Entries provided:

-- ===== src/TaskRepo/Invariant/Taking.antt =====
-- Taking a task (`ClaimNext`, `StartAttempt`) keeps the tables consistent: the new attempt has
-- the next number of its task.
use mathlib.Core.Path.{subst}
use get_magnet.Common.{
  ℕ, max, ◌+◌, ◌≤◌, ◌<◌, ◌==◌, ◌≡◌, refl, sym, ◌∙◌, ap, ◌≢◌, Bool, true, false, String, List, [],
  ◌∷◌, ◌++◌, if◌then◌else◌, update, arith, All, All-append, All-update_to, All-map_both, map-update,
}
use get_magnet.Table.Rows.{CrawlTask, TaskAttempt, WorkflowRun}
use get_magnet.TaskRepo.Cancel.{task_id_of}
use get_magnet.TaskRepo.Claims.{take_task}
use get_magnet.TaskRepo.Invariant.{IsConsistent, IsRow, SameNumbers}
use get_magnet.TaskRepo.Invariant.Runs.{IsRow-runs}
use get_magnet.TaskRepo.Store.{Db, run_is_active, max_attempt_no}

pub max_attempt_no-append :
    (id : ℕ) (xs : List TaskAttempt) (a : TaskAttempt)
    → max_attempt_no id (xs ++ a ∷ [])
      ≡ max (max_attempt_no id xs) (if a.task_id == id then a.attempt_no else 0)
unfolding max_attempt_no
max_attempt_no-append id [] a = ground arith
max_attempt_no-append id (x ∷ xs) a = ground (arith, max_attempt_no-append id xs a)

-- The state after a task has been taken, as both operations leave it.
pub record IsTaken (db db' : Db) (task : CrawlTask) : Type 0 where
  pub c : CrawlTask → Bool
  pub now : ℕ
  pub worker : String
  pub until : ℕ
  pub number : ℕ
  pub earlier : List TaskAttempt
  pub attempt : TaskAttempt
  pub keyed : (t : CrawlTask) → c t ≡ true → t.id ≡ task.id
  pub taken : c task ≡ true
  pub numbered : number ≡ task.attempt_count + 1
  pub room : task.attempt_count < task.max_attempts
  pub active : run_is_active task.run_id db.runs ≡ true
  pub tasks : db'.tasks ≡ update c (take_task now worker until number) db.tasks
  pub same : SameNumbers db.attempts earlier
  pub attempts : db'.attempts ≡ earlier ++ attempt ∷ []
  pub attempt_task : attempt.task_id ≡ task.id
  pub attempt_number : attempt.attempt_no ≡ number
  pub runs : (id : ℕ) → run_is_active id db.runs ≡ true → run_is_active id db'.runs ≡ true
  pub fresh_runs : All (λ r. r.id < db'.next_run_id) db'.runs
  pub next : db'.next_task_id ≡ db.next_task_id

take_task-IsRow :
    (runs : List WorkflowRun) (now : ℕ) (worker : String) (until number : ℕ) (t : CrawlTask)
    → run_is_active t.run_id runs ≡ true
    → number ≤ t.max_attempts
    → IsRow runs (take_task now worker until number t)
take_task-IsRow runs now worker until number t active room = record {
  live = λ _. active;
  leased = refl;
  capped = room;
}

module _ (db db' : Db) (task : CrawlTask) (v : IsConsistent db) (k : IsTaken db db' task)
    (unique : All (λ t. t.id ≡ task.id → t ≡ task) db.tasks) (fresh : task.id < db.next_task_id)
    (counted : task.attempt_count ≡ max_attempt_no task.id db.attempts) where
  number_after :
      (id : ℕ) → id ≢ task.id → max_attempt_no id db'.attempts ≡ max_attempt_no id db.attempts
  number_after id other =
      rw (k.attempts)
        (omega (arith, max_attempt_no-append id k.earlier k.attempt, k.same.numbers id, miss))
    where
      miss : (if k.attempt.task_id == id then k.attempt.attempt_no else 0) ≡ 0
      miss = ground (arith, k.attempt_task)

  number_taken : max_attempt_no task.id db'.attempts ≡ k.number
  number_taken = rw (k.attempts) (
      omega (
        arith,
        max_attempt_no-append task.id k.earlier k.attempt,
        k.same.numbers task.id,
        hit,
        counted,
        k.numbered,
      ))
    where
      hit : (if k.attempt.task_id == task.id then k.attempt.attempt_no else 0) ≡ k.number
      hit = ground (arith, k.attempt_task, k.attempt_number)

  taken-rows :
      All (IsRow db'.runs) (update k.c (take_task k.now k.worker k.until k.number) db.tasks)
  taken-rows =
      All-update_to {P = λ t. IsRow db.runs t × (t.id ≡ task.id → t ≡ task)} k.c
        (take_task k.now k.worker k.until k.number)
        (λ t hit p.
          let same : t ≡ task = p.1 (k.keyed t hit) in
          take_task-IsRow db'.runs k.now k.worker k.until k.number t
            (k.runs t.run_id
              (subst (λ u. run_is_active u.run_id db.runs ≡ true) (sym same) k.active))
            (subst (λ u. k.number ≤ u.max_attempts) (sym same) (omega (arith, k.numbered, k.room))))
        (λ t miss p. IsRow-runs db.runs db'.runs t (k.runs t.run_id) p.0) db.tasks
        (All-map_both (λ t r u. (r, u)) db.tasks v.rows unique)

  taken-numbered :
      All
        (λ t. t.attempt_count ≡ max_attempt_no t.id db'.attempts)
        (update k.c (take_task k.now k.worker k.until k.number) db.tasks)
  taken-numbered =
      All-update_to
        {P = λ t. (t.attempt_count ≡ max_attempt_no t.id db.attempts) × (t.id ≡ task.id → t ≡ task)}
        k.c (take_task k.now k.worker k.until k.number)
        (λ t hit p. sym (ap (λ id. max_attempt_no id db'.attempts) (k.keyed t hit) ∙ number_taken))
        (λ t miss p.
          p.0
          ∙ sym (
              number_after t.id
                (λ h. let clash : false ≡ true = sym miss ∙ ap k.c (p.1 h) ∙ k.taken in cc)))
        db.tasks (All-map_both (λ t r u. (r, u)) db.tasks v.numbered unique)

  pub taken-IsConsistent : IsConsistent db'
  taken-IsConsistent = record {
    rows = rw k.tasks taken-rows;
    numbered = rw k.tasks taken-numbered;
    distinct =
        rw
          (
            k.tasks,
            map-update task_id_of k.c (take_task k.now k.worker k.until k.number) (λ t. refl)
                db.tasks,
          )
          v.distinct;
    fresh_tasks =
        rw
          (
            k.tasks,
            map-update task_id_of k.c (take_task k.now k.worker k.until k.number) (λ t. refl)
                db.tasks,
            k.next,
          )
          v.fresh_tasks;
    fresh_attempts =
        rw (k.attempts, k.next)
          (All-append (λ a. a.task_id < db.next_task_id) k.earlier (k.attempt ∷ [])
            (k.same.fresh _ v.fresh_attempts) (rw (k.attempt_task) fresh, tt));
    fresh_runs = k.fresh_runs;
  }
* * *
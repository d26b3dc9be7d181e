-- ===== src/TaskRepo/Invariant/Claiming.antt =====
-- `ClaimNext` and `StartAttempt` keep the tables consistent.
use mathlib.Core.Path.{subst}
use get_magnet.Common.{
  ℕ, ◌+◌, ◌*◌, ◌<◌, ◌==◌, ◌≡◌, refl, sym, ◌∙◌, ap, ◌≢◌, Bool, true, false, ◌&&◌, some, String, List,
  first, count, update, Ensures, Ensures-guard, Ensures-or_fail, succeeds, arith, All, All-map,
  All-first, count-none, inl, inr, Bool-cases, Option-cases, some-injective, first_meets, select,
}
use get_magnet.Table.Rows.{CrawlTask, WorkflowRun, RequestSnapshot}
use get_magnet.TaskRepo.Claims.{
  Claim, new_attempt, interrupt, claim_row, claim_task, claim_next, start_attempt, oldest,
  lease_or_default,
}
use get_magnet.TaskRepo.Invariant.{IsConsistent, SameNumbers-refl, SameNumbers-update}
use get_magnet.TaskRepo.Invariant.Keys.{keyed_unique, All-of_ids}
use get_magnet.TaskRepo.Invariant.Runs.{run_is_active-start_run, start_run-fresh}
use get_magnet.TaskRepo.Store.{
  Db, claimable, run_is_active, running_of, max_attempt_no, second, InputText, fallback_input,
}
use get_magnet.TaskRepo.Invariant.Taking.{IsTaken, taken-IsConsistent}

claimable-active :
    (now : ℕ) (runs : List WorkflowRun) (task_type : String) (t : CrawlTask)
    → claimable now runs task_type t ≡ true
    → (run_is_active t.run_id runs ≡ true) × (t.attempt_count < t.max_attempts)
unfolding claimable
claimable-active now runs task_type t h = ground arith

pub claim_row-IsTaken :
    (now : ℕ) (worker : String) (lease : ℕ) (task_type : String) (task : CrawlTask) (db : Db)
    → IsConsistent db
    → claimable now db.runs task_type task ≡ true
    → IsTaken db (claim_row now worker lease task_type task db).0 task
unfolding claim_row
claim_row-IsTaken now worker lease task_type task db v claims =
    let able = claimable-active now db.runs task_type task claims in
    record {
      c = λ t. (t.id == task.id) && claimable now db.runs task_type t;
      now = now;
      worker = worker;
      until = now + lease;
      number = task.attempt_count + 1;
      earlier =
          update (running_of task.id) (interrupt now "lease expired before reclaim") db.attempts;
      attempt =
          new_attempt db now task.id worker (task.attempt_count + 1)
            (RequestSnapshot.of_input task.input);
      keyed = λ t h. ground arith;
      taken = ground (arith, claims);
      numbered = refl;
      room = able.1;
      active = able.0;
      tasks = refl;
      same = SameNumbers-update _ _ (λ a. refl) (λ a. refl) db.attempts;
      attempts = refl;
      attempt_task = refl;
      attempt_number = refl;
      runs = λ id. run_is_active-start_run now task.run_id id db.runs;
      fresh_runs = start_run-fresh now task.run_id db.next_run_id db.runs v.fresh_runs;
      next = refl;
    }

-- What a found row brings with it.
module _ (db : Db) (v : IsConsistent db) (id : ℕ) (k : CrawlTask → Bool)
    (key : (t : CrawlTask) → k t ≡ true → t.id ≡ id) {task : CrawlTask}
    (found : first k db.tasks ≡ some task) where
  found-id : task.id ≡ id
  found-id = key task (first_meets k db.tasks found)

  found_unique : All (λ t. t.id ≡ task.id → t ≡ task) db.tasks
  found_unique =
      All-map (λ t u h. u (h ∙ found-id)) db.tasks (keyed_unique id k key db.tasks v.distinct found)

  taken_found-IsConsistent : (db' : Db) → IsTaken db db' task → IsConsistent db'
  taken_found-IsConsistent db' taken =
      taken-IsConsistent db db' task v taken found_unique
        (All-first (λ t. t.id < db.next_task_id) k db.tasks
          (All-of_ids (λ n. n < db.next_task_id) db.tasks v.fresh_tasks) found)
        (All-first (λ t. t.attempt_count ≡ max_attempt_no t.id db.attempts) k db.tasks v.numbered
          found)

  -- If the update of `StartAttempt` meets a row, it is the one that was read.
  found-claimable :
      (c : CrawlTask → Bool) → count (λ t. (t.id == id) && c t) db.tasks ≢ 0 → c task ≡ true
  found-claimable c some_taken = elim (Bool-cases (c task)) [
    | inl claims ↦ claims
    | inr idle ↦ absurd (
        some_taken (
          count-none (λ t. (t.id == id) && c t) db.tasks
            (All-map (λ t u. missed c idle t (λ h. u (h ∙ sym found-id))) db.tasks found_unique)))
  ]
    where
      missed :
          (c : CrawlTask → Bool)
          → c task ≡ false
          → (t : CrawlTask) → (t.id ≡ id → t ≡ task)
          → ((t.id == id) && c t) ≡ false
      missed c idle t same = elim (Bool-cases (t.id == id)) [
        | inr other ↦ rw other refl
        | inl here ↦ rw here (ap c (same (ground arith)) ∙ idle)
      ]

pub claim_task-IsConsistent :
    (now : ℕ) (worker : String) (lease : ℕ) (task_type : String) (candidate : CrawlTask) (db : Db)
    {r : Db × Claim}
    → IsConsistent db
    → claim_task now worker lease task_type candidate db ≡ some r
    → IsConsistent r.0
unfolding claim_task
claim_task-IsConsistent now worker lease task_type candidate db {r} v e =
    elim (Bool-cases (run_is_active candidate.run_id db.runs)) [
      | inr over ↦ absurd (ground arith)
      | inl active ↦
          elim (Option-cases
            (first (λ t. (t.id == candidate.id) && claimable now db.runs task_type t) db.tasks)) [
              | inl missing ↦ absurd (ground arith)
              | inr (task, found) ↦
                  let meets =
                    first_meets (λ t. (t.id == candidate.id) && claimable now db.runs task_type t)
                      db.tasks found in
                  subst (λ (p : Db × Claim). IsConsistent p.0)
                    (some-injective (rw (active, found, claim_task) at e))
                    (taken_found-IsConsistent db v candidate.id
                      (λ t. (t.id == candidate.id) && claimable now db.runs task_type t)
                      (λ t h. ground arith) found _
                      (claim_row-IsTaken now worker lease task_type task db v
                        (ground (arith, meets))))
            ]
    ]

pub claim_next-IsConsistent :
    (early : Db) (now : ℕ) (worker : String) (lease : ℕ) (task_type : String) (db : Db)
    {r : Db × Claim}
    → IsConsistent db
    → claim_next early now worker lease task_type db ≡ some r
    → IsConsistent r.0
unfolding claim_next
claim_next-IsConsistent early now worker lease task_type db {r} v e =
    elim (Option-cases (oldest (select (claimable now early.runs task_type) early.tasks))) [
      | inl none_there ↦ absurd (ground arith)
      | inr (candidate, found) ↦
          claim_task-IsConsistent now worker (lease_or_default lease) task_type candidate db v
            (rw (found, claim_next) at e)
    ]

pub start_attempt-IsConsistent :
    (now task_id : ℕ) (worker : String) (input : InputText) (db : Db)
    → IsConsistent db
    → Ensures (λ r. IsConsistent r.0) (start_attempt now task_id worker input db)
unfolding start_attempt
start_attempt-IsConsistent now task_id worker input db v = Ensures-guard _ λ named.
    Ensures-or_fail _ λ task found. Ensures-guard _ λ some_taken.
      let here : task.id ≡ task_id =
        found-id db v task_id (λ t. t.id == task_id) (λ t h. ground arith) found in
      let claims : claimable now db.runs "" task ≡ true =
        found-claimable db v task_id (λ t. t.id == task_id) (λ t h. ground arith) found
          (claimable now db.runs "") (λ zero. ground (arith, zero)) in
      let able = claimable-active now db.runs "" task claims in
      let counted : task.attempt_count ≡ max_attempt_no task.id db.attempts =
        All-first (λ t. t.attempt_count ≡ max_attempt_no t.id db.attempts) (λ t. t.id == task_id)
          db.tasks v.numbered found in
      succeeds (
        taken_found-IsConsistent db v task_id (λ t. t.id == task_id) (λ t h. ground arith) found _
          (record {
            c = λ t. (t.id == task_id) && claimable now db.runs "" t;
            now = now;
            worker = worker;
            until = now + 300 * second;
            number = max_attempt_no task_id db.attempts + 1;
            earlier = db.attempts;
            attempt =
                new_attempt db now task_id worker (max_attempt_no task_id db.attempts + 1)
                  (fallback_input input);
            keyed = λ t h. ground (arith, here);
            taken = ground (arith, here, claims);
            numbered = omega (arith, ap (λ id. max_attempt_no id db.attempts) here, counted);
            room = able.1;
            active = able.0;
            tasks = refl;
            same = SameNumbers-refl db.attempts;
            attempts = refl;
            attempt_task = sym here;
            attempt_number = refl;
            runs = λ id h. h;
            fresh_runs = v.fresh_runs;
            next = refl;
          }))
...
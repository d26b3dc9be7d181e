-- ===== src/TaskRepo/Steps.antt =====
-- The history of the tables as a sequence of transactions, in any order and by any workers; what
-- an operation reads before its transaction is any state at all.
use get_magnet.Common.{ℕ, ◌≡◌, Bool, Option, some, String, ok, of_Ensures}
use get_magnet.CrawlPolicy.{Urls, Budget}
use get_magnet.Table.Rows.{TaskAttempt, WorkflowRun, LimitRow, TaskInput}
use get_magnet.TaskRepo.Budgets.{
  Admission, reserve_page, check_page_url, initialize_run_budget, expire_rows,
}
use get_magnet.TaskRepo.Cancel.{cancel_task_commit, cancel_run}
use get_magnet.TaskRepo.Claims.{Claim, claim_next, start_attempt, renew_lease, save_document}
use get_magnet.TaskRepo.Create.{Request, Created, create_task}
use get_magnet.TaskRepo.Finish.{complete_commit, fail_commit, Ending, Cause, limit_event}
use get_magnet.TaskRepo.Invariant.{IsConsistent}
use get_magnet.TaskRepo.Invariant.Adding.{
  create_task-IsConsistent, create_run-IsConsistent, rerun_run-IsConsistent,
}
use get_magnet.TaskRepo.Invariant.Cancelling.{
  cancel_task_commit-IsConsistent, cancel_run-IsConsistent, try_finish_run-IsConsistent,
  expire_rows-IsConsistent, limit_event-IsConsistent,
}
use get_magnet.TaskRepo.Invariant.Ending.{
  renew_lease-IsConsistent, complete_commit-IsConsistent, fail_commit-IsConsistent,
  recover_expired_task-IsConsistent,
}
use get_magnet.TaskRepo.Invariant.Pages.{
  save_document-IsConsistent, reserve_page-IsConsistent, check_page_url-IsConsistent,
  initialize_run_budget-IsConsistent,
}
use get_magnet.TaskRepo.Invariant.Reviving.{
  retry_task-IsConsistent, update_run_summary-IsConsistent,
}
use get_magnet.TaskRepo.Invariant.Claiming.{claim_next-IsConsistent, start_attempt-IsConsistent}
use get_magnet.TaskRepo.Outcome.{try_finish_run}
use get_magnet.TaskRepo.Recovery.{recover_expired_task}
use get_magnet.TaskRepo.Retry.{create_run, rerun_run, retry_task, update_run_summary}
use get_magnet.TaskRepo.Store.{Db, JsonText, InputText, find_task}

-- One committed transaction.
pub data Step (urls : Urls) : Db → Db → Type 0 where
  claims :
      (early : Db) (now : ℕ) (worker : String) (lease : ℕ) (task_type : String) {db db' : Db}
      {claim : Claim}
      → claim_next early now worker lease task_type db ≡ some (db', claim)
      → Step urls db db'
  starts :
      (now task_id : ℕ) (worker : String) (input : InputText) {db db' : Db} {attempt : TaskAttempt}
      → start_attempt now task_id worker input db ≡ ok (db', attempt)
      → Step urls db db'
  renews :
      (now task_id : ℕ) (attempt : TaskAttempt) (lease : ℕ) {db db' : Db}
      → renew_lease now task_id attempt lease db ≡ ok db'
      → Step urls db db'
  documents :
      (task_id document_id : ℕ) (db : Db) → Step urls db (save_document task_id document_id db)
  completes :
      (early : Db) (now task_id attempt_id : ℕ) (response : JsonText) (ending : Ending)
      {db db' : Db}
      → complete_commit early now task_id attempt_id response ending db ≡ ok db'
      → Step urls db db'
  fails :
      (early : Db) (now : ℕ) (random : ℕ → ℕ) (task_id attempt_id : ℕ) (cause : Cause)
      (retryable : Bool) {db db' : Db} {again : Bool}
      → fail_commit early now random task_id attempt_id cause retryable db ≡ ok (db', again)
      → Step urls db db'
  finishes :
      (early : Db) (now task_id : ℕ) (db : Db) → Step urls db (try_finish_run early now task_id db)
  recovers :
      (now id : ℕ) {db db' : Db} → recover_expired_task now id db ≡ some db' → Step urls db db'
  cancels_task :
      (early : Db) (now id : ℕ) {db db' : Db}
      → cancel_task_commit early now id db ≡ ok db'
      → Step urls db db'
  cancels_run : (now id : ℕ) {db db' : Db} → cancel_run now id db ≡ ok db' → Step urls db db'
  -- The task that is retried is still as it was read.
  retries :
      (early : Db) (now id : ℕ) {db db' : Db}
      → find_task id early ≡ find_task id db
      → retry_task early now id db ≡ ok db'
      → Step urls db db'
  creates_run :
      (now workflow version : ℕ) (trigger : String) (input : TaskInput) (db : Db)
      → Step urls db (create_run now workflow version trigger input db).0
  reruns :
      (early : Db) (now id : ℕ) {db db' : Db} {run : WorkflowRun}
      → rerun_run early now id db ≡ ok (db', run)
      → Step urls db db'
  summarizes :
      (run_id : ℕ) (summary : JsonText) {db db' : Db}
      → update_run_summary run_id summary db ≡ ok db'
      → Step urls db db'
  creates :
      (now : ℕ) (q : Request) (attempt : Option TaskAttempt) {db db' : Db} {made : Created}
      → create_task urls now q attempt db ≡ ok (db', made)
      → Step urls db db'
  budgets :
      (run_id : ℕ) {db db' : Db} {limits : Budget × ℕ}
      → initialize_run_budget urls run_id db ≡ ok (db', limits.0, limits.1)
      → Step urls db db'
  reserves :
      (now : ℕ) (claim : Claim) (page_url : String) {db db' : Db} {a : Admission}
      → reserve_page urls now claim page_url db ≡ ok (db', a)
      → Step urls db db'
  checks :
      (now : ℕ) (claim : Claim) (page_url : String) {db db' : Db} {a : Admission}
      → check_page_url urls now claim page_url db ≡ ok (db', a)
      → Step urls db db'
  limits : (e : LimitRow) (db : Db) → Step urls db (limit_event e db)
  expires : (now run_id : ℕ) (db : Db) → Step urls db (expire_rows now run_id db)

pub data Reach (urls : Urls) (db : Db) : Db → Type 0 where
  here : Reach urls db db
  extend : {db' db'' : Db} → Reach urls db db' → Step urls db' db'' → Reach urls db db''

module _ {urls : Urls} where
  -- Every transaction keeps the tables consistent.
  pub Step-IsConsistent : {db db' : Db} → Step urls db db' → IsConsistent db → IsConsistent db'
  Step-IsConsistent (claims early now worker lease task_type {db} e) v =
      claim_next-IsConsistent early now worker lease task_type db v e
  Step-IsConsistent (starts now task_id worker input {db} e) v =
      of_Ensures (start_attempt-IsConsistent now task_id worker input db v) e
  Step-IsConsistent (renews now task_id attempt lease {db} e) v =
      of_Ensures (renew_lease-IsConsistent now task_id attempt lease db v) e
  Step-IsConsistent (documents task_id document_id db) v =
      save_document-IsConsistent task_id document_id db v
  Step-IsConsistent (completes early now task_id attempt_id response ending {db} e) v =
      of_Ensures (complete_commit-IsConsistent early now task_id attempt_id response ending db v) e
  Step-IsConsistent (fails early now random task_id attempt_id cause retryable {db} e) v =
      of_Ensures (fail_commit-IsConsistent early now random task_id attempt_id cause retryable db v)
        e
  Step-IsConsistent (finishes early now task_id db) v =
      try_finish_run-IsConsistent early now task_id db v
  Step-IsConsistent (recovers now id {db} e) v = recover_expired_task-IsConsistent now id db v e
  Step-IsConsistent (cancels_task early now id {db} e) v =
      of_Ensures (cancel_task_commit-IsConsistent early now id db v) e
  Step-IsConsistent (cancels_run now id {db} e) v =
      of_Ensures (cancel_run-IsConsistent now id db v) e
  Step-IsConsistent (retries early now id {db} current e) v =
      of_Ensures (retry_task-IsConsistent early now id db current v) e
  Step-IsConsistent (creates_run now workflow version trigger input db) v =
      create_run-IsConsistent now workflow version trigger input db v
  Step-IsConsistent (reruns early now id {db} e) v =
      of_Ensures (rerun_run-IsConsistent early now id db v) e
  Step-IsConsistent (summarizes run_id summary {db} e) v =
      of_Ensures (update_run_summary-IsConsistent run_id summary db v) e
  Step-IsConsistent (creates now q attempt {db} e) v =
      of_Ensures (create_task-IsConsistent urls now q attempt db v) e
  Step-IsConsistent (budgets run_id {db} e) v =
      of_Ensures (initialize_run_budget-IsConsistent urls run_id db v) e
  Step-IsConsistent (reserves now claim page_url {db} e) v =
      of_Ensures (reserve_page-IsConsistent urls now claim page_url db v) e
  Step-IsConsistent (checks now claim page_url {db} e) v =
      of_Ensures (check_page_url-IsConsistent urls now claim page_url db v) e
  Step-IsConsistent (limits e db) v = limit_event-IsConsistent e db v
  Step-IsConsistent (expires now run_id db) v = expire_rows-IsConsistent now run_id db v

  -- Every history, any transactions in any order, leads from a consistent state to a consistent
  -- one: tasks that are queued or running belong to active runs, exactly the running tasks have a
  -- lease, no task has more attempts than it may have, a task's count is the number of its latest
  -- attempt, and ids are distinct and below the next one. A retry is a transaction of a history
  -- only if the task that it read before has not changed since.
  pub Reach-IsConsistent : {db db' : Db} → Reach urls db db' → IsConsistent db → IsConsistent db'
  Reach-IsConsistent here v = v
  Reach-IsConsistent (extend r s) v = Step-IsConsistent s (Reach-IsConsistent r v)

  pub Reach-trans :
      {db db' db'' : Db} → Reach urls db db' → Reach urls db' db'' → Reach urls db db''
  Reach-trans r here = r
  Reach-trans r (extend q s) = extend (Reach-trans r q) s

Exercise prompt:
Begin at the line above that has "(All-first (λ t. t.attempt_count" and stop after the line that has "(c : CrawlTask → Bool) →", copying each line exactly and adding nothing else.

Result:
        (All-first (λ t. t.attempt_count ≡ max_attempt_no t.id db.attempts) k db.tasks v.numbered
          found)

  -- If the update of `StartAttempt` meets a row, it is the one that was read.
  found-claimable :
      (c : CrawlTask → Bool) → count (λ t. (t.id == id) && c t) db.tasks ≢ 0 → c task ≡ true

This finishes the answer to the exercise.